<<<<
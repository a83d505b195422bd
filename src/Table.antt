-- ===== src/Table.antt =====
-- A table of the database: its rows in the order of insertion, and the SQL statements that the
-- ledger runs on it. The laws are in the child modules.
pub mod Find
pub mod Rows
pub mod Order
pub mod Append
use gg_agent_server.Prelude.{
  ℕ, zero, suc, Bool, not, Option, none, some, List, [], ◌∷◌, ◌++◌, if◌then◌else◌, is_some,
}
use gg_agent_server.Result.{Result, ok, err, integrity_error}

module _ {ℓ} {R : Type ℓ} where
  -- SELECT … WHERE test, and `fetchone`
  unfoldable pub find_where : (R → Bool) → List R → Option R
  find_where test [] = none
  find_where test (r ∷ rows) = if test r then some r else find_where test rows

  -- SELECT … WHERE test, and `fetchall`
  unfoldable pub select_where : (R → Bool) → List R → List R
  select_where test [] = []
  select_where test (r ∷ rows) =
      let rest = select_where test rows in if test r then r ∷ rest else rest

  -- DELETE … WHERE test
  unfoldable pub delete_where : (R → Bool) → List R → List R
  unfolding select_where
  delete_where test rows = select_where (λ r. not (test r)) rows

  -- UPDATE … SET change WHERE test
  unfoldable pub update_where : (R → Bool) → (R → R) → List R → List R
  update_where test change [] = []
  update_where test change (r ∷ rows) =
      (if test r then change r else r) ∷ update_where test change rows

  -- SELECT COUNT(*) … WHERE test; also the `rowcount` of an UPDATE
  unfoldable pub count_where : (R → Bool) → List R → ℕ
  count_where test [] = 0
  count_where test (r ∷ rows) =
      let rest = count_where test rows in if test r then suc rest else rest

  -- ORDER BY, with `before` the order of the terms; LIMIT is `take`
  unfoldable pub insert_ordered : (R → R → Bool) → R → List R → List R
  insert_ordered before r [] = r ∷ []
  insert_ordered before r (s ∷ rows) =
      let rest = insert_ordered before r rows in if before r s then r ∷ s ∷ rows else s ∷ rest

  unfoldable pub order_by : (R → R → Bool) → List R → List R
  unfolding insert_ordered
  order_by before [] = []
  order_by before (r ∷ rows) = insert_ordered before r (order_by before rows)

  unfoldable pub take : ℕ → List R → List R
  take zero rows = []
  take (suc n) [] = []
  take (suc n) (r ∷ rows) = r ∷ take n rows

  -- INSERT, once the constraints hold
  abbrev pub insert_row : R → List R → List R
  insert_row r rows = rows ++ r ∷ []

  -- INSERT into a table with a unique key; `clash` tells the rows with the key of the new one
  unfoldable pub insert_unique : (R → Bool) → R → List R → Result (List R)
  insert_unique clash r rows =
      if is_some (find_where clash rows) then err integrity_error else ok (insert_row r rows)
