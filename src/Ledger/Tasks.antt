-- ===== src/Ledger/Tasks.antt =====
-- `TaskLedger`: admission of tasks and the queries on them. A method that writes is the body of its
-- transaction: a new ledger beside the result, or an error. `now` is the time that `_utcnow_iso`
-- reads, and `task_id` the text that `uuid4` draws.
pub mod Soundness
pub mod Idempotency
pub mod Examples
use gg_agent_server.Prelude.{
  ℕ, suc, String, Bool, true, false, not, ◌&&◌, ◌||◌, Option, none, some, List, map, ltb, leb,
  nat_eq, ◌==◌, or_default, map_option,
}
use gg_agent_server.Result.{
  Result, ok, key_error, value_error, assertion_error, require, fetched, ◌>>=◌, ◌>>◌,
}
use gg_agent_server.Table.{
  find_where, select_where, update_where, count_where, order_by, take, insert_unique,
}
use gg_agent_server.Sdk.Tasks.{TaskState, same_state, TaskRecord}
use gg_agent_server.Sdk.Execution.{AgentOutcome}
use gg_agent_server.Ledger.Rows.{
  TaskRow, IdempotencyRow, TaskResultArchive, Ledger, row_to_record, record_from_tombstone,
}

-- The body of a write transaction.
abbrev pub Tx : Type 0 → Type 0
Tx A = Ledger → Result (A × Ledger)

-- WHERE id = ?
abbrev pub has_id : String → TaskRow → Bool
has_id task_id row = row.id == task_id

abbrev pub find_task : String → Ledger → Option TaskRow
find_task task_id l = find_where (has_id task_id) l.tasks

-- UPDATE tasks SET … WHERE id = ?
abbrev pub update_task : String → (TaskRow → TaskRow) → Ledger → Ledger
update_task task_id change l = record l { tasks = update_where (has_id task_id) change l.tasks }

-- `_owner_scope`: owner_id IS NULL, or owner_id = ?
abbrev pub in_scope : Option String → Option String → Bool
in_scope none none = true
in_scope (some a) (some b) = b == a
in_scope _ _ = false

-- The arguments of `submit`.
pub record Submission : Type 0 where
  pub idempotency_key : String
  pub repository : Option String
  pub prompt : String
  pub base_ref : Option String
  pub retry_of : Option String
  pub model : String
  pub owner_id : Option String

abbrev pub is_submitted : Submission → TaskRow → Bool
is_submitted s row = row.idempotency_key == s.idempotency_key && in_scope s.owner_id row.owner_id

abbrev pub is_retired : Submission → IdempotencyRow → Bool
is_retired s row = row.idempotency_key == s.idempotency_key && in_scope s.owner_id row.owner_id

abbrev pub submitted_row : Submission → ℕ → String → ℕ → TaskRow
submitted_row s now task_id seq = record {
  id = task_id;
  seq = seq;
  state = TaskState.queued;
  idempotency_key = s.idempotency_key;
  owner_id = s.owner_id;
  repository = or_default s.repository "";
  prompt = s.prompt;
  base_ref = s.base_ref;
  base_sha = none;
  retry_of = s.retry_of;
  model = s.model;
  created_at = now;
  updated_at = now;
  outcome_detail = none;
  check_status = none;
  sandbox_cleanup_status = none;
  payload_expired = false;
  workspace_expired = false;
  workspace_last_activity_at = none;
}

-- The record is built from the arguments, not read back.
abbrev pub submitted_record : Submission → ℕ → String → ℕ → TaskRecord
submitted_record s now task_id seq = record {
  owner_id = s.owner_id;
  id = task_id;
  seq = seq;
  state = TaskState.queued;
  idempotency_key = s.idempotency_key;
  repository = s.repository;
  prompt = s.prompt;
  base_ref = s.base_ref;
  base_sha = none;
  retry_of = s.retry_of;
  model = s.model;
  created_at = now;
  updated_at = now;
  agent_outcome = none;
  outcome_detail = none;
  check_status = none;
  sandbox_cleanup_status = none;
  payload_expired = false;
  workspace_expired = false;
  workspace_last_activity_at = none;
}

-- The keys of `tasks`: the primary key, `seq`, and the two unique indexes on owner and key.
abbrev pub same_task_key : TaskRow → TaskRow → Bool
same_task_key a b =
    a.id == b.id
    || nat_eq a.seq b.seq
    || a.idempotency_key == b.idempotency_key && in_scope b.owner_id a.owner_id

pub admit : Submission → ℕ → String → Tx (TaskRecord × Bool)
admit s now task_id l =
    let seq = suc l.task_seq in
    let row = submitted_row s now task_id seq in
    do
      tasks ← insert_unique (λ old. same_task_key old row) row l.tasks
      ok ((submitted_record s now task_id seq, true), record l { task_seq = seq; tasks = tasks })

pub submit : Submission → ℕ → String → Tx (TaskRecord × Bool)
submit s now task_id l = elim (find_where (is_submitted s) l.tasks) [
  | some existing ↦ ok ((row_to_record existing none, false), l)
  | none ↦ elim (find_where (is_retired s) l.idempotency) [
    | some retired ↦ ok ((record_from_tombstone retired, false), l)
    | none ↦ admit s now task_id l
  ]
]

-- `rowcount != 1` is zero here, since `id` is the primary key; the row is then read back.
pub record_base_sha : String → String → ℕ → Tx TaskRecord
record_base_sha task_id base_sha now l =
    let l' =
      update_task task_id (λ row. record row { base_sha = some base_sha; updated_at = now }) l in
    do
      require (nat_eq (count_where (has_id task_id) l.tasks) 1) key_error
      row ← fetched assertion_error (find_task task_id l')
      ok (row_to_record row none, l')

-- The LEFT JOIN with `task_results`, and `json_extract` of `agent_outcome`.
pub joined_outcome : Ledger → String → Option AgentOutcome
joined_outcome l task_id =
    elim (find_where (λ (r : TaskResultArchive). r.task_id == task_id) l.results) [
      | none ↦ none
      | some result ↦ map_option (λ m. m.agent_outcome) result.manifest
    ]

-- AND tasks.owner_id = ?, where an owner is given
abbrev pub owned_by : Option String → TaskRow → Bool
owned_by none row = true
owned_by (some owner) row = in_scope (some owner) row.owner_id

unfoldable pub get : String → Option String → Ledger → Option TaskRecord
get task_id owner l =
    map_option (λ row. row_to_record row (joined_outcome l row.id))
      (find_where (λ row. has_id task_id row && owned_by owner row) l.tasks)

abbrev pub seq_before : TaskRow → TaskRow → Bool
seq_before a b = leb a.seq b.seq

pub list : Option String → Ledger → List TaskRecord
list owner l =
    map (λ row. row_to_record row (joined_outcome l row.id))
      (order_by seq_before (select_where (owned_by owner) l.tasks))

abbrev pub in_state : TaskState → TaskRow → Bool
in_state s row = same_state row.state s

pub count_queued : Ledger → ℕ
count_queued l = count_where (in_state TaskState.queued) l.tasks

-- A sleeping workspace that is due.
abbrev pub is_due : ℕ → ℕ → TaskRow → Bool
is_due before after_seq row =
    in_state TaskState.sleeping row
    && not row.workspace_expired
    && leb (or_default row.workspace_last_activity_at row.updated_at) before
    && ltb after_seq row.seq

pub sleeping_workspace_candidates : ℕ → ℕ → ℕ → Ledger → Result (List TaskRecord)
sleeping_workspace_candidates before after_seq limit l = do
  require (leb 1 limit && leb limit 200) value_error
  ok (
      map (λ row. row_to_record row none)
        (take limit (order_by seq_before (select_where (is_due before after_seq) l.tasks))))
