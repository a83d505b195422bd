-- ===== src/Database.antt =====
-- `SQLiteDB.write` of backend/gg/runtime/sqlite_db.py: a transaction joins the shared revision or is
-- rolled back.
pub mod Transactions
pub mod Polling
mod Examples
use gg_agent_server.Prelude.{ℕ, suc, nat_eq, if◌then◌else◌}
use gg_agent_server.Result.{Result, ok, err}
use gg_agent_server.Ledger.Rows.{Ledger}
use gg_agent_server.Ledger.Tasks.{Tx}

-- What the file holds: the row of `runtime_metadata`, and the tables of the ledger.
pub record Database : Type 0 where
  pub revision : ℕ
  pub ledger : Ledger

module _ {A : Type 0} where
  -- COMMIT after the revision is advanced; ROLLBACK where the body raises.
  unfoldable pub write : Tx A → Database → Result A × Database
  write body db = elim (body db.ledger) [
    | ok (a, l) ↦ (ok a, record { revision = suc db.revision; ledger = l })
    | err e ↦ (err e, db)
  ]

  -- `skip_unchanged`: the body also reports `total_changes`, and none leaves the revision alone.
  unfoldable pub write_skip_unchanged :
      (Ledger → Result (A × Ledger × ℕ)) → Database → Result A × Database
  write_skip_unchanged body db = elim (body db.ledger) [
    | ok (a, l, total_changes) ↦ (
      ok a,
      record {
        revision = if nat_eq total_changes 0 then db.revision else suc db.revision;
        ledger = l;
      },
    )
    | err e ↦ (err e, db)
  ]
>>>>
<<<<
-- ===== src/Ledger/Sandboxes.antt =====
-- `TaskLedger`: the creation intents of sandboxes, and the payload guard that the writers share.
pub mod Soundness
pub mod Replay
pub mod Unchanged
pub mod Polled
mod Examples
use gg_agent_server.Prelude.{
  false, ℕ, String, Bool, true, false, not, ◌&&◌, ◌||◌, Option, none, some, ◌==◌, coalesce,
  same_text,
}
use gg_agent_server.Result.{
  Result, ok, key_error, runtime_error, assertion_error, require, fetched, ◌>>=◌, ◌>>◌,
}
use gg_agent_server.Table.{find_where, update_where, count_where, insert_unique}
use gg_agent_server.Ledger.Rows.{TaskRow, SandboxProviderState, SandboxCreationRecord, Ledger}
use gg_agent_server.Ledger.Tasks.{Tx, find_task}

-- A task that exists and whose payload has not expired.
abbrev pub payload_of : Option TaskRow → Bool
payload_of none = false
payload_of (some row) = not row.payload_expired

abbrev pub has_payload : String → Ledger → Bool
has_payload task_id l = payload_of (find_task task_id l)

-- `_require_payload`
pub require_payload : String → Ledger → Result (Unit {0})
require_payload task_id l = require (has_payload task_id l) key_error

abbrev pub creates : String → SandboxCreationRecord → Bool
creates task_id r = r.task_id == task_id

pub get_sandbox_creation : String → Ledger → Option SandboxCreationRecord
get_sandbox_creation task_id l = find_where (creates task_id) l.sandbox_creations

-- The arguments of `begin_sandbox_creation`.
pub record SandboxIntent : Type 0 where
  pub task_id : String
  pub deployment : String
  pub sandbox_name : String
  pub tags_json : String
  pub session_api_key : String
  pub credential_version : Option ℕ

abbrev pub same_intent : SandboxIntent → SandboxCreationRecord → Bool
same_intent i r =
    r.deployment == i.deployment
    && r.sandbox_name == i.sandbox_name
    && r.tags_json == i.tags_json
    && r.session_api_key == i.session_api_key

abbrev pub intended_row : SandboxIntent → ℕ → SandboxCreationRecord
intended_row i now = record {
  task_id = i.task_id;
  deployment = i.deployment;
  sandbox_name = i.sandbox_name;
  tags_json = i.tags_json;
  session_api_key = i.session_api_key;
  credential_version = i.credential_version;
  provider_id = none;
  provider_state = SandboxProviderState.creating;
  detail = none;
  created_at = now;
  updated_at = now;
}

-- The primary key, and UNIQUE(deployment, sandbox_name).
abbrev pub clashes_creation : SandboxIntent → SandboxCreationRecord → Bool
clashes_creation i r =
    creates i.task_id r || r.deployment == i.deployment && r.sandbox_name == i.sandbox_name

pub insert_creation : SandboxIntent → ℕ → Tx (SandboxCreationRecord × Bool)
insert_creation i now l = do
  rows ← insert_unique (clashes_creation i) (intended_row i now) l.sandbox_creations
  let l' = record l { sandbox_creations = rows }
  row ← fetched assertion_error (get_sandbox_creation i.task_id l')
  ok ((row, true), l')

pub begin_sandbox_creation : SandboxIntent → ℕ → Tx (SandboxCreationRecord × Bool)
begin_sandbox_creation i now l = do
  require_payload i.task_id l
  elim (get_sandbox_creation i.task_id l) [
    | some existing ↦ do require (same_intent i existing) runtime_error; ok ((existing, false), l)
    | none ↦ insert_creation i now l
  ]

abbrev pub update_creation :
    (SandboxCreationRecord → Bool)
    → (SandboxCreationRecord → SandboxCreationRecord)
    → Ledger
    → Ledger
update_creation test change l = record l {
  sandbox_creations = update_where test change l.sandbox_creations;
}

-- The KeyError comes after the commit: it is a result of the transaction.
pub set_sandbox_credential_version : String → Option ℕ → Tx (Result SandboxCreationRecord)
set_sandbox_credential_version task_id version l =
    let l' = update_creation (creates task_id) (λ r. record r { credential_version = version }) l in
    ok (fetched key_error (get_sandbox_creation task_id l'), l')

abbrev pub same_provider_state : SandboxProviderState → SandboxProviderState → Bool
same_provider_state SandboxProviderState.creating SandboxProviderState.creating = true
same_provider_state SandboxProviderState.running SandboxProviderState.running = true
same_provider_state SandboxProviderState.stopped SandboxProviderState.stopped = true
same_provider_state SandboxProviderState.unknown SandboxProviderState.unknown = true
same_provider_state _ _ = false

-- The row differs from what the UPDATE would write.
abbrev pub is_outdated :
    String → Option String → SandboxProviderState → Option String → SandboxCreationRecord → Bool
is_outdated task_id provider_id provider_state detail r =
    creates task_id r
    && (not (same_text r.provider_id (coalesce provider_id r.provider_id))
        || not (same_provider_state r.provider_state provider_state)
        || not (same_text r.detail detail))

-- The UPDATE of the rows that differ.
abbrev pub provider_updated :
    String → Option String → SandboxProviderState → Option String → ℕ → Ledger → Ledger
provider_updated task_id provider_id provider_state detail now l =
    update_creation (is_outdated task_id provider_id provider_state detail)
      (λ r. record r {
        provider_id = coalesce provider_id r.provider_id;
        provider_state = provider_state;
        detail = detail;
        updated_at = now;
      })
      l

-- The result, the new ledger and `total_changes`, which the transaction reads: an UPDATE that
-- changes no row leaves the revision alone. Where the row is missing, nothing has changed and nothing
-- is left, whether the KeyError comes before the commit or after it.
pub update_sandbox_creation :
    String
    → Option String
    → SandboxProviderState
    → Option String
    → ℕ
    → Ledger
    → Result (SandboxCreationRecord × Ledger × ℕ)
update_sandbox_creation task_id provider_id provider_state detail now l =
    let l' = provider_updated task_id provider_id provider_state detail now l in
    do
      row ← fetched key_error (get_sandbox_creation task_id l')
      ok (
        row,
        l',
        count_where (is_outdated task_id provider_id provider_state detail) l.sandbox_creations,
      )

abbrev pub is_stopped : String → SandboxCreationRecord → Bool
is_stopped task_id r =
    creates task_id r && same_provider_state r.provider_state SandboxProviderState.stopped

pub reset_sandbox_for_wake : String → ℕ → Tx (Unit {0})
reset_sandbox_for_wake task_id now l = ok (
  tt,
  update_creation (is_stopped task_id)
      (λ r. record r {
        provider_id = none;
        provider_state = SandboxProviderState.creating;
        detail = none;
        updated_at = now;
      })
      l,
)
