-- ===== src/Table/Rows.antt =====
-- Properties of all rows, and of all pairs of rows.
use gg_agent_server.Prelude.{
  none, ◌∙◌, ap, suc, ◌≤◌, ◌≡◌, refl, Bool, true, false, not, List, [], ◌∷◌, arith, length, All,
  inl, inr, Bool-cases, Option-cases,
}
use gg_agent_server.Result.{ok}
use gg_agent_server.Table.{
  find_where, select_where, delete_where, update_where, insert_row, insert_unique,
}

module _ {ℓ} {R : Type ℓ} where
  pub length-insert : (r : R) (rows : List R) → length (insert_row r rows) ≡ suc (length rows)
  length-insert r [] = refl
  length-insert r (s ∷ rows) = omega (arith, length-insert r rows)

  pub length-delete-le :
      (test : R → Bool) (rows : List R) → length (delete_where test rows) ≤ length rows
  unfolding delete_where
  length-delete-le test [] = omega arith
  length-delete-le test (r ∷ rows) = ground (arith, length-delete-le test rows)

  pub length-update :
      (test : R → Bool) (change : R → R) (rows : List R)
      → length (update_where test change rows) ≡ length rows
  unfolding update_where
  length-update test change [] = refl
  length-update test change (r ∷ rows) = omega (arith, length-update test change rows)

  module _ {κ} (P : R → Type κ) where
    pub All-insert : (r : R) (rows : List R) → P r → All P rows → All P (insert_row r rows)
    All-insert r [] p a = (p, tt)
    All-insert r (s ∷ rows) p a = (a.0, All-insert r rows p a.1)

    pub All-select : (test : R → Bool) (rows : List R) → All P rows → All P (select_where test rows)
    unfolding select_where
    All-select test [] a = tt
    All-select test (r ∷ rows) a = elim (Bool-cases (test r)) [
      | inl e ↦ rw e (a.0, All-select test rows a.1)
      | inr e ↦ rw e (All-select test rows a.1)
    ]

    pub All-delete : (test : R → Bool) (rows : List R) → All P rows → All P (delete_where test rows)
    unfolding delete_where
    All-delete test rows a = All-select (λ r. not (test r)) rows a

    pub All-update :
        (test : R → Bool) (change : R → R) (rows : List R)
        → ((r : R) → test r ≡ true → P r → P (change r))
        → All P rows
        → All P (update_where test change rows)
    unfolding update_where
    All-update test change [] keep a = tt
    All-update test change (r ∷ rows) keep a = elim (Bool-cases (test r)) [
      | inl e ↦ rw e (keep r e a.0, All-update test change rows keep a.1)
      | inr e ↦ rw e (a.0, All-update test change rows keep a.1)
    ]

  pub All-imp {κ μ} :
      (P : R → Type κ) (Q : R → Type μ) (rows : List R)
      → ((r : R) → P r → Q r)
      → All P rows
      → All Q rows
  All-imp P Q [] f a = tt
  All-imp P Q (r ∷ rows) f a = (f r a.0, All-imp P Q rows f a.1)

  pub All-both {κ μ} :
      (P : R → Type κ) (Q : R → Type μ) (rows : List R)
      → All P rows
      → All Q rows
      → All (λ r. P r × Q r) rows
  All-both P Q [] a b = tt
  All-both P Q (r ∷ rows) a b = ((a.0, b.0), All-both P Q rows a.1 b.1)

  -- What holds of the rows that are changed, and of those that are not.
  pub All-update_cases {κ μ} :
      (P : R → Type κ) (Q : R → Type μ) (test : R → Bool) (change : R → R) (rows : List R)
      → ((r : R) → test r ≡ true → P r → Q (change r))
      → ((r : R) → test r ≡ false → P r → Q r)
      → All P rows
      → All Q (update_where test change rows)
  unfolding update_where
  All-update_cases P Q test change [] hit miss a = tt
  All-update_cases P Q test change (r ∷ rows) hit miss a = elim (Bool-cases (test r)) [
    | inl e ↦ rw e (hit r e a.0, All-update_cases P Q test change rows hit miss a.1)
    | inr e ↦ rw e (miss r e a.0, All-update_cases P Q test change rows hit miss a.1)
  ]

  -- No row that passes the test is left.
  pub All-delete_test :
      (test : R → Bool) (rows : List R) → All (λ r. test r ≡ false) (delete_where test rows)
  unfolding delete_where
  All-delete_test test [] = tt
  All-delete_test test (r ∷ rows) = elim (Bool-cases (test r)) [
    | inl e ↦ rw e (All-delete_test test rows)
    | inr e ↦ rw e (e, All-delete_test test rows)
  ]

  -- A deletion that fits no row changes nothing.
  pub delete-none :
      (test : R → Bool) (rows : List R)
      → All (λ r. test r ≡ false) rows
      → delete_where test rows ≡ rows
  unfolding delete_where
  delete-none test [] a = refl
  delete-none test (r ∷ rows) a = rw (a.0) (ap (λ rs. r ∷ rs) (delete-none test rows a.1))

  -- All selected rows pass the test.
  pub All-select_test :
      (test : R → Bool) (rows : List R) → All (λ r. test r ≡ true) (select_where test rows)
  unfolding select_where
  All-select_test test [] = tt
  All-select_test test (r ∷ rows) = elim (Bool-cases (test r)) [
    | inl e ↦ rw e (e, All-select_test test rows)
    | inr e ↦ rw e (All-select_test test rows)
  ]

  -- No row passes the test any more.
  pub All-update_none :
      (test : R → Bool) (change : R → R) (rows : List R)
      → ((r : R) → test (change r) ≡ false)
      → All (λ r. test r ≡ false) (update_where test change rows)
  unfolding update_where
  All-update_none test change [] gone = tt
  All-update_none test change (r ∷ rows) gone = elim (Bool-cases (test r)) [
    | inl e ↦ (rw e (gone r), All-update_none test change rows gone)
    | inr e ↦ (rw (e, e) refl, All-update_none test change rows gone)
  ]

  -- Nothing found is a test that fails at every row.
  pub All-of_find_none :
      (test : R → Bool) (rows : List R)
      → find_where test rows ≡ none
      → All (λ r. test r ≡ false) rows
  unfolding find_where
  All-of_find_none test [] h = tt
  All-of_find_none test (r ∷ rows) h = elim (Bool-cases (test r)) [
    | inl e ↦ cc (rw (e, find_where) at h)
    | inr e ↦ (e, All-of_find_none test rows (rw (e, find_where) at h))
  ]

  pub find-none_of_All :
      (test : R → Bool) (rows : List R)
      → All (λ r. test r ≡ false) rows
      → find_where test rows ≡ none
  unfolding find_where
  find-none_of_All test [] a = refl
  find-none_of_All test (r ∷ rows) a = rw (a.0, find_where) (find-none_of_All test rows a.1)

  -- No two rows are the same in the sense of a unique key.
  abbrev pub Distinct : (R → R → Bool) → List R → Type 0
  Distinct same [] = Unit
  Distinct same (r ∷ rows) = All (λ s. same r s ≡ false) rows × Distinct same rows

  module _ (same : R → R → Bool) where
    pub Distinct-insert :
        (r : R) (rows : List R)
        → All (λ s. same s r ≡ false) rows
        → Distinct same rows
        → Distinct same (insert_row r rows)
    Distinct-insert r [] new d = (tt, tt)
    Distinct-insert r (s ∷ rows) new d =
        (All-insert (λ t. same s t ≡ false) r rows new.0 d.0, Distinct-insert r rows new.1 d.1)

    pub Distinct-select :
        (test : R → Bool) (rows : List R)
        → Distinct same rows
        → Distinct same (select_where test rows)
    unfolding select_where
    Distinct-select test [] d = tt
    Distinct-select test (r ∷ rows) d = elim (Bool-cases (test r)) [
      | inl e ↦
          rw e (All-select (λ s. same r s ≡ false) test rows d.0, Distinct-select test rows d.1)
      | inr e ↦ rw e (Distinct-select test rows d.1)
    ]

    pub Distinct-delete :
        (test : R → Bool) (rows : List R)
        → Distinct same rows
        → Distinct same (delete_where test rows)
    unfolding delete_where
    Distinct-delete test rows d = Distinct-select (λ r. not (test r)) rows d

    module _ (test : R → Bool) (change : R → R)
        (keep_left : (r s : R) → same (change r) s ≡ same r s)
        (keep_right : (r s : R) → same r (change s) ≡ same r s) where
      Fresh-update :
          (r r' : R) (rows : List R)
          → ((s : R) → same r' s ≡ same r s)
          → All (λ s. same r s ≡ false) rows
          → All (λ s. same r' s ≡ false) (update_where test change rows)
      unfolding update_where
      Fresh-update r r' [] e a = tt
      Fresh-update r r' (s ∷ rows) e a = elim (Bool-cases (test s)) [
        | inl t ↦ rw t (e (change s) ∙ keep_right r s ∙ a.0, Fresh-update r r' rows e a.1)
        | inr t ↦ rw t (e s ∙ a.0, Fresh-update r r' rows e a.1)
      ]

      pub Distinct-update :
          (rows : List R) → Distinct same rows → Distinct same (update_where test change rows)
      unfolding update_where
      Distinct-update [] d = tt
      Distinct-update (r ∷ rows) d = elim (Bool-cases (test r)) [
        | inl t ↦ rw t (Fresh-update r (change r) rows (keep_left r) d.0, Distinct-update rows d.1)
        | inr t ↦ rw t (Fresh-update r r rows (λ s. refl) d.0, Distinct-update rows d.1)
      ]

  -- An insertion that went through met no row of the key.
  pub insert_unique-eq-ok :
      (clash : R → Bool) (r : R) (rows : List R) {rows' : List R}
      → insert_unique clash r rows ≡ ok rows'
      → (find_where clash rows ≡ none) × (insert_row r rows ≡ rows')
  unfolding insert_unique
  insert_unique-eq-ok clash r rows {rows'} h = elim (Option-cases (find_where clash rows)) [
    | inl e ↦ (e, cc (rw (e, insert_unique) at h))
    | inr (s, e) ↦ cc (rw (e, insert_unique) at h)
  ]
>>>>
Using the material above, transcribe exactly the lines from the line with "length-delete-le test (r" to the line with "length-update test change [] = refl"; both count, and nothing else goes in.

  length-delete-le test (r ∷ rows) = ground (arith, length-delete-le test rows)

  pub length-update :
      (test : R → Bool) (change : R → R) (rows : List R)
      → length (update_where test change rows) ≡ length rows
  unfolding update_where
  length-update test change [] = refl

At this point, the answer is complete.